**Task details:**
What is the number of lines in the data that hold the string "missing"? Reply with that number only.
Data to examine Block Start
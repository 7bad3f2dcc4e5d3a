-- ===== src/ControlFlow/Complexity.antt =====
-- ComputeFunctionCyclomaticComplexity of centipede/control_flow.cc, whose loop is that of
-- ComputeReachabilityForPc with two counters.
use fuzztest.Common.{
  ℕ, zero, suc, ◌+◌, ◌-◌, ◌%◌, ◌^◌, ◌≤◌, ◌<◌, ◌≡◌, ◌∙◌, sym, refl, ap, inl, inr, true, false, List,
  [], ◌∷◌, ◌++◌, none, some, length, length-append, Bool-cases, Option-cases, arith,
}
use fuzztest.Common.Abort.{aborted, done, done-injective}
use fuzztest.Common.Bytes.{add64, sub64}
use fuzztest.Common.Maps.{find, is_in}
use fuzztest.ControlFlow.{
  Graph, get_successors, exists, existing, reach_loop, num_edges, reach_fuel, complexity_loop,
  compute_reachability_for_pc, compute_function_cyclomatic_complexity,
}
use fuzztest.ControlFlow.Reachability.{
  length-existing, unvisited_edges, unvisited_edges-visit, unvisited_edges-nil, reach_loop-visit,
  compute_reachability_for_pc_lem,
}

-- The edges of the graph out of a block, and out of the blocks of a list.
abbrev pub out_degree : Graph → ℕ → ℕ
out_degree g pc = elim (find pc g) [ none ↦ 0 | some successors ↦ length (existing g successors) ]

abbrev pub out_edges : Graph → List ℕ → ℕ
out_edges g [] = 0
out_edges g (pc ∷ pcs) = out_degree g pc + out_edges g pcs

out_degree-some :
    (g : Graph) (pc : ℕ) (successors : List ℕ)
    → find pc g ≡ some successors
    → out_degree g pc ≡ length (existing g successors)
out_degree-some g pc successors h = rw (out_degree, h) refl

complexity_loop-visit :
    (fuel : ℕ) (g : Graph) (x : ℕ) (visited worklist successors : List ℕ) (e n : ℕ)
    → is_in x visited ≡ false
    → find x g ≡ some successors
    → complexity_loop (suc fuel) g visited (x ∷ worklist) e n
      ≡ complexity_loop fuel g
          (x ∷ visited)
          (worklist ++ existing g successors)
          (e + length (existing g successors))
          (n + 1)
unfolding complexity_loop get_successors
complexity_loop-visit fuel g x visited worklist successors e n h f = rw (h, get_successors, f) refl

reach_loop-missing :
    (fuel : ℕ) (g : Graph) (x : ℕ) (visited worklist : List ℕ)
    → is_in x visited ≡ false
    → find x g ≡ none
    → reach_loop (suc fuel) g visited (x ∷ worklist) ≡ aborted
unfolding reach_loop get_successors
reach_loop-missing fuel g x visited worklist e f = rw (e, get_successors, f) refl

wraps : (e n : ℕ) → n ≤ e + 1 → e + 2 < 2 ^ 32 → add64 (sub64 e n) 2 % 2 ^ 32 ≡ e + 2 - n
wraps e n h b = omega arith

-- Where the one loop returns, the other returns the edges and the number of what was visited.
complexity_loop_lem :
    (fuel : ℕ) (g : Graph) (visited worklist r : List ℕ) (e n : ℕ)
    → e ≡ out_edges g visited
    → n ≡ length visited
    → n + length worklist ≤ e + 1
    → e + unvisited_edges visited g ≤ num_edges g
    → reach_loop fuel g visited worklist ≡ done r
    → (complexity_loop fuel g visited worklist e n ≡ done (out_edges g r, length r))
      × (length r ≤ out_edges g r + 1)
      × (out_edges g r ≤ num_edges g)
unfolding complexity_loop reach_loop
complexity_loop_lem zero g visited worklist r e n he hn b t h = absurd cc
complexity_loop_lem (suc fuel) g visited [] r e n he hn b t h =
    let same : visited ≡ r = done-injective h in
    let edges : e ≡ out_edges g r = he ∙ ap (out_edges g) same in
    let nodes : n ≡ length r = hn ∙ ap length same in
    (rw (edges, nodes) refl, omega arith, omega arith)
complexity_loop_lem (suc fuel) g visited (x ∷ worklist) r e n he hn b t h =
    elim (Bool-cases (is_in x visited)) [
      | inl old ↦
          let (eq, most, all) =
            complexity_loop_lem fuel g visited worklist r e n he hn (omega arith) t
              (rw (old) at h) in
          (rw (old, eq) refl, most, all)
      | inr new ↦ elim (Option-cases (find x g)) [
        | inl missing ↦
            absurd
              (let q = sym (reach_loop-missing fuel g x visited worklist new missing) ∙ h in cc)
        | inr (successors, f) ↦
            let (eq, most, all) =
              complexity_loop_lem fuel g (x ∷ visited) (worklist ++ existing g successors) r
                (e + length (existing g successors)) (n + 1)
                (omega (arith, out_degree-some g x successors f)) (omega arith)
                (omega (arith, length-append worklist (existing g successors)))
                (omega (
                  arith,
                  length-existing g successors,
                  unvisited_edges-visit visited x g successors f new,
                ))
                (sym (reach_loop-visit fuel g x visited worklist successors new f) ∙ h) in
            (complexity_loop-visit fuel g x visited worklist successors e n new f ∙ eq, most, all)
      ]
    ]

-- From a block of a graph with fewer than 2 ^ 32 - 2 edges, the two computations return, and the
-- complexity is the number of edges between the blocks that are reached, less the number of these
-- blocks, plus 2, which is positive.
pub compute_function_cyclomatic_complexity_lem :
    (g : Graph) (pc : ℕ)
    → exists g pc ≡ true
    → num_edges g + 2 < 2 ^ 32
    → (r : List ℕ) × (compute_reachability_for_pc g pc ≡ done r)
      × (compute_function_cyclomatic_complexity g pc ≡ done (out_edges g r + 2 - length r))
      × (1 ≤ out_edges g r + 2 - length r)
unfolding compute_reachability_for_pc compute_function_cyclomatic_complexity
compute_function_cyclomatic_complexity_lem g pc h b =
    let (r, eq, _) = compute_reachability_for_pc_lem g pc h in
    let (loop, most, all) =
      complexity_loop_lem (reach_fuel g) g [] (pc ∷ []) r 0 0 refl refl (omega arith)
        (omega (arith, unvisited_edges-nil g)) eq in
    (r, eq, rw (loop) (ap done (wraps (out_edges g r) (length r) most (omega arith))), omega arith)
Data to examine Block End
**Result below:**
4